L’angoscia della morte è radicata in ogni essere umano; possiamo forse scacciarla con un’affermazione provocatoria? La morte è “il salario” (la conseguenza) del peccato”; e ogni uomo, dopo la morte dovrà comparire in giudizio davanti a Dio.
Se comprendiamo questa dichiarazione della Parola di Dio, riceveremo con profonda riconoscenza l’offerta che Dio propone a ciascuno di noi adesso.
Infatti il salario del peccato è la morte, ma il dono di Dio è la vita eterna in Cristo Gesù, nostro Signore. (Romani 6:23)
Dopo aver subito l’ira del Dio giusto e santo a causa del peccato dell’uomo, Gesù Cristo è entrato nella morte.

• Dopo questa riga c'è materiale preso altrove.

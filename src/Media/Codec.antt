-- ===== src/Media/Codec.antt =====
-- media/codec.go: the audio codecs, and how their names and payload types are read.
-- An error is the data type `CodecError`; the text of its message is left out.
use xk6_sip.Common.{ℕ, ◌||◌, Option, none, some, List, [], ◌∷◌, if◌then◌else◌, ◌==◌}
use xk6_sip.Common.Int.{ℤ}
use xk6_sip.Common.Text.{Text, codes, text_eq, is_empty, trim_space, to_upper, split}
use xk6_sip.Media.G711.{ulaw_encode, ulaw_decode, alaw_encode, alaw_decode}

pub record Codec : Type 0 where
  pub name : Text
  pub pt : ℕ  -- uint8
  pub encode : ℤ → ℕ
  pub decode : ℕ → ℤ

abbrev pub pcmu_name : Text
pcmu_name = codes "PCMU"

abbrev pub pcma_name : Text
pcma_name = codes "PCMA"

abbrev pub pcmu : Codec
pcmu = record { name = pcmu_name; pt = 0; encode = ulaw_encode; decode = ulaw_decode }

abbrev pub pcma : Codec
pcma = record { name = pcma_name; pt = 8; encode = alaw_encode; decode = alaw_decode }

-- `Codec{}`: the value of a stream's codec before the first negotiation.
abbrev pub no_codec : Codec
no_codec = record { name = []; pt = 0; encode = λ s. 0; decode = λ b. ℤ.pos 0 }

abbrev pub sample_rate : ℕ
sample_rate = 8000

abbrev pub frame_samples : ℕ
frame_samples = 160

abbrev pub default_dtmf_pt : ℕ
default_dtmf_pt = 101

abbrev pub frame_duration_ms : ℕ
frame_duration_ms = 20

abbrev pub telephone_event : Text
telephone_event = codes "telephone-event"

pub data CodecError : Type 0 where
  unsupported : Text → CodecError
  empty_list : CodecError

pub data Result {ℓ} (A : Type ℓ) : Type ℓ where
  ok : A → Result A
  err : CodecError → Result A

codec_of_word : Text → Text → Result Codec
codec_of_word name word =
    if text_eq word (codes "PCMU") || text_eq word (codes "ULAW") || text_eq word (codes "G711U")
    then ok pcmu
    else if text_eq word (codes "PCMA")
        || text_eq word (codes "ALAW")
        || text_eq word (codes "G711A")
    then ok pcma
    else err (unsupported name)

unfoldable pub codec_by_name : Text → Result Codec
unfolding codec_of_word
codec_by_name name = codec_of_word name (to_upper (trim_space name))

-- One round of the loop of `ParseCodecs`, with what the rounds behind it give.
add_codec : Result Codec → Result (List Codec) → Result (List Codec)
add_codec (err e) rest = err e
add_codec (ok c) (err e) = err e
add_codec (ok c) (ok cs) = ok (c ∷ cs)

parse_names : List Text → Result (List Codec)
unfolding add_codec
parse_names [] = ok []
parse_names (n ∷ ns) =
    let rest = parse_names ns in
    if is_empty (trim_space n) then rest else add_codec (codec_by_name n) rest

non_empty : Result (List Codec) → Result (List Codec)
non_empty (err e) = err e
non_empty (ok []) = err empty_list
non_empty (ok (c ∷ cs)) = ok (c ∷ cs)

unfoldable pub parse_codecs : Text → Result (List Codec)
unfolding parse_names non_empty
parse_codecs list = non_empty (parse_names (split b',' list))

unfoldable pub codec_by_pt : ℕ → Option Codec
codec_by_pt pt = if pt == 0 then some pcmu else if pt == 8 then some pcma else none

Lo ha fatto per amore verso di noi, ma, poiché è Dio, non è rimasto nella tomba ma ne è uscito vittorioso.
Alla croce, Dio ha condannato Gesù cristo al posto nostro, se lo crediamo, beneficiamo gratuitamente della liberazione dai nostri peccati. Ma la grazia divina va oltre, se siamo “morti con Cristo”, siamo anche “risuscitati con lui” e abbiamo la vita eterna.
La morte del corpo, per il credente, non è altro che il passaggio dalla terra al paradiso, per essere eternamente con Colui che lo ha salvato. Cristo stesso annuncia questa buona notizia.
In verità, in verità vi dico: Chi ascolta la mia parola e crede a colui che mi ha mandato, ha vita eterna, e non viene in giudizio, ma è passato dalla morte alla vita. (Giovanni 5:24)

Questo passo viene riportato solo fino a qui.